If your results come back positive, it really doesn’t mean you have cancer.You could have slight inflammation. Or, you may have minor cell changes (doctors call this “dysplasia”) Very often, the abnormal test result means that there have been cellular changes caused by the human papilloma virus (HPV). That is the most common sexually transmitted infection (STI) and may be related to cervical cancer. Changes in cervical cells caused by HPV can be mild, moderate, or severe.
The mild changes often clear up on their own, so your doctor might take a “wait and see” approach.
The findings are categorised as listed below:
- Atypical squamous cells of undetermined importance (ASCUS). Thin, flat cells called squamous cells grow on the surface of a healthy cervix. ASCUS occurs when these cells are not typical. Your doctor will perform a test with a special liquid to see if HPV is present. If not, there is probably no need to worry.
- Squamous intraepithelial lesion. These cells can be precancerous. Doctors call the changes “low grade” or “high grade.” If they are low-grade, a precancerous cell may not become cancer for many years. If it is high-grade, the cells could become cancer much sooner. Your doctor will likely order more tests, whether you find low or high-grade changes in these cells.
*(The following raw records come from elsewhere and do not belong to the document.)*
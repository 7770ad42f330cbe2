-- ===== src/Tools.antt =====
-- The tools that an agent may call on the engine: agenttools/policy.go, cache.go and tool.go, and
-- the confirmation round trip of agentmcp.
pub mod Policy
pub mod Arguments
pub mod Cache
pub mod Execute
pub mod Confirmation
mod Tests
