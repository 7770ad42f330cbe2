-- ===== src/Tools/Execute/Safety.antt =====
-- What a call may run, how often, and what the cache still knows afterwards.
use dzzzr_cli.Base.{
  ℕ, ◌≡◌, ◌≢◌, refl, ap, ◌∙◌, inl, inr, ◌⊎◌, true, false, Option, none, some, List, [], ◌∷◌, arith,
  Text, text_eq, any, keep,
}
use dzzzr_cli.Tools.Policy.{
  Confirmer, Verdict, allowed, refused, authorize, authorize_readonly, authorize_allowed, SaidYes,
  choose_confirmer, policy_readonly, policy_full,
}
use dzzzr_cli.Tools.Cache.{ReadCache, get, clear, get-clear}
use dzzzr_cli.Tools.Execute.{
  Failure, Codec, Tool, run_once, run_renewing, report, execute_run, execute_authorized, execute,
  visible_tools,
}

module _ {Args Value World : Type 0} where
  -- The tools shown under the read-only policy do not mutate.
  pub visible_tools_readonly :
      (all : List (Tool Args Value World))
      → any (λ t. t.mutating) (visible_tools policy_readonly all) ≡ false
  unfolding visible_tools keep any text_eq
  visible_tools_readonly [] = refl
  visible_tools_readonly (t ∷ all) = ground (arith, visible_tools_readonly all)

  run_renewing_mutating :
      (t : Tool Args Value World) (args : Args) (w : World) (c : Option (ReadCache Value))
      → t.mutating ≡ true
      → (run_renewing t args w c).world ≡ (t.run args w).2
  unfolding run_renewing run_once
  run_renewing_mutating t args w c m = simp m

module _ {Args Value World : Type 0} (k : Codec Args Value World) where
  pub report-world :
      (name : Text) (key : Option Text) (v : Value) (f : Option Failure) (w : World)
      (c : Option (ReadCache Value))
      → (report k name key v f w c).1 ≡ w
  unfolding report
  report-world name key v (some f) w c = refl
  report-world name none v none w c = refl
  report-world name (some key) v none w c = refl

  -- With no key nothing is stored.
  report_unkeyed :
      (name : Text) (v : Value) (f : Option Failure) (w : World) (c : Option (ReadCache Value))
      → (report k name none v f w c).2 ≡ c
  unfolding report
  report_unkeyed name v (some f) w c = refl
  report_unkeyed name v none w c = refl

  -- The call is refused: neither the world beyond the question nor the cache is touched.
  abbrev pub Refused :
      Tool Args Value World
      → Option (Confirmer Args World)
      → Args
      → World
      → Option (ReadCache Value)
      → Type 0
  Refused t context args w c =
      let asked = authorize context t.gate t.name args w in
      let done = execute k t context args w c in
      (done.0.is_error ≡ true) × (done.1 ≡ asked.1) × (done.2 ≡ c)

  -- The call is carried out, after the full policy or a confirmer's yes.
  abbrev pub Carried :
      Tool Args Value World
      → Option (Confirmer Args World)
      → Args
      → World
      → Option (ReadCache Value)
      → Type 0
  Carried t context args w c =
      let asked = authorize context t.gate t.name args w in
      let done = execute k t context args w c in
      ((t.gate.policy ≡ policy_full) ⊎ SaidYes (choose_confirmer context t.gate) t.name args w)
      × (done.1 ≡ (t.run args asked.1).2)
      × ((key : Text) (now : ℕ) → (get done.2 key now).0 ≡ none)

  execute_run_mutating :
      (t : Tool Args Value World) (args : Args) (w : World) (c : Option (ReadCache Value))
      → t.mutating ≡ true
      → ((execute_run k t args none w c).1 ≡ (t.run args w).2)
        × ((key : Text) (now : ℕ) → (get (execute_run k t args none w c).2 key now).0 ≡ none)
  unfolding execute_run
  execute_run_mutating t args w c m =
      let r = run_renewing t args w c in
      let kept = report_unkeyed t.name r.value r.failure r.world (clear r.cache) in
      simp m (
        report-world t.name none r.value r.failure r.world (clear r.cache)
            ∙ run_renewing_mutating t args w c m,
        λ key now. ap (λ x. (get x key now).0) kept ∙ get-clear r.cache key now,
      )

  execute_authorized_cases :
      (t : Tool Args Value World) (args : Args) (v : Verdict) (w : World)
      (c : Option (ReadCache Value))
      → t.mutating ≡ true
      → ((v ≢ allowed)
          × ((execute_authorized k t args (v, w) c).0.is_error ≡ true)
          × ((execute_authorized k t args (v, w) c).1 ≡ w)
          × ((execute_authorized k t args (v, w) c).2 ≡ c))
        ⊎ ((v ≡ allowed)
            × ((execute_authorized k t args (v, w) c).1 ≡ (t.run args w).2)
            × ((key : Text) (now : ℕ)
                → (get (execute_authorized k t args (v, w) c).2 key now).0 ≡ none))
  unfolding execute_authorized
  execute_authorized_cases t args (refused why) w c m = inl ((λ h. cc h), refl, refl, refl)
  execute_authorized_cases t args allowed w c m =
      let (ran, empty) = execute_run_mutating t args w c m in inr (refl, ran, empty)

  -- A call of a mutating tool is refused, and then it is an error, leaves the world as the question
  -- left it and the cache as it was; or it was allowed by the full policy or by a confirmer's yes
  -- without an error, and then the tool ran exactly once on the world that the question left, and
  -- nothing that was cached is found any more, whether the run failed or not.
  pub execute_mutating :
      (t : Tool Args Value World) (context : Option (Confirmer Args World)) (args : Args)
      (w : World) (c : Option (ReadCache Value))
      → t.mutating ≡ true
      → Refused t context args w c ⊎ Carried t context args w c
  unfolding execute
  execute_mutating t context args w c m =
      let asked = authorize context t.gate t.name args w in
      simp m (elim (execute_authorized_cases t args asked.0 asked.1 c m) [
        | inl (denied_by, said, same, kept) ↦ inl (said, same, kept)
        | inr (yes_said, ran, empty) ↦
            inr (authorize_allowed context t.gate t.name args w yes_said, ran, empty)
      ])

  -- Under the read-only policy a mutating tool changes nothing, whatever the confirmers would say: the
  -- call is an error, and the world and the cache are as they were.
  pub execute_readonly :
      (t : Tool Args Value World) (context : Option (Confirmer Args World)) (args : Args)
      (w : World) (c : Option (ReadCache Value))
      → t.mutating ≡ true
      → t.gate.policy ≡ policy_readonly
      → ((execute k t context args w c).0.is_error ≡ true)
        × ((execute k t context args w c).1 ≡ w)
        × ((execute k t context args w c).2 ≡ c)
  unfolding execute
  execute_readonly t context args w c m ro =
      let asked = authorize context t.gate t.name args w in
      let (denied, still) = authorize_readonly context t.gate t.name args w ro in
      simp m (elim (execute_authorized_cases t args asked.0 asked.1 c m) [
        | inl (denied_by, said, same, kept) ↦ (said, same ∙ still, kept)
        | inr (yes_said, ran, empty) ↦ absurd (denied yes_said)
      ])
- Atypical glandular cells. These cells make mucus. They grow at the opening of your cervix and inside your uterus. If they appear to be abnormal, your doctor will order more tests to determine for sure if it is cancer.
- Squamous cell cancer or adenocarcinoma cells. This means that the cells in your cervix are so abnormal that your doctor is almost certain it is cancer.
He’ll may recommend you have a further Pap test in a few months. If the abnormal cells haven’t cleared up by then, your doctor will probably order two other tests: a colposcopy and a biopsy.
Colposcopy and Biopsy. During a colposcopy, doctor will put in a speculum into your vagina, just like he did for the Pap test. This time, he’ll look at the cervix with a colposcope and that’s a tool that have a lens and a bright light that allow your doctor to obtain a good look at your cervix. Your doctor will swab your cervix with vinegar or some liquid solution. It will highlight any suspicious-looking areas. Your doctor will be able to see them on the colposcope through the lens.
If he find areas that don’t look right, he’ll take sample (“biopsy”). He’ll send the sample to a laboratory for further testing and he can swab your cervix with a chemical solution to limit bleeding.
Very often, the abnormal test result means that there have been cellular changes caused by the human papilloma virus (HPV). That is the most common sexually transmitted infection (STI) and may be related to cervical cancer. Changes in cervical cells caused by HPV can be mild, moderate, or severe.
How Often Should I Have a Pap Test?
Doctors advise you begin Pap testing at age 21. You should have the testing every 3years from age 21 to 65. You can choose to combine Pap testing with Human Papilloma Virus (HPV) testing beginning at age 30. If you do so, then you can be tested every five years as an alternative. HPV is the most common sexually transmitted infection (STI), and it’s associated with cervical cancer.
If you have certain health problems, your doctor may recommend that you have a Pap test more often. Some of these include:
– Cervical cancer or a Pap test that revealed precancerous cells
– HIV infection
– A weakened immune system due to organ transplant, chemotherapy, or chronic use of corticosteroids.
– Having been exposed to diethylstilbestrol (DES) before birth.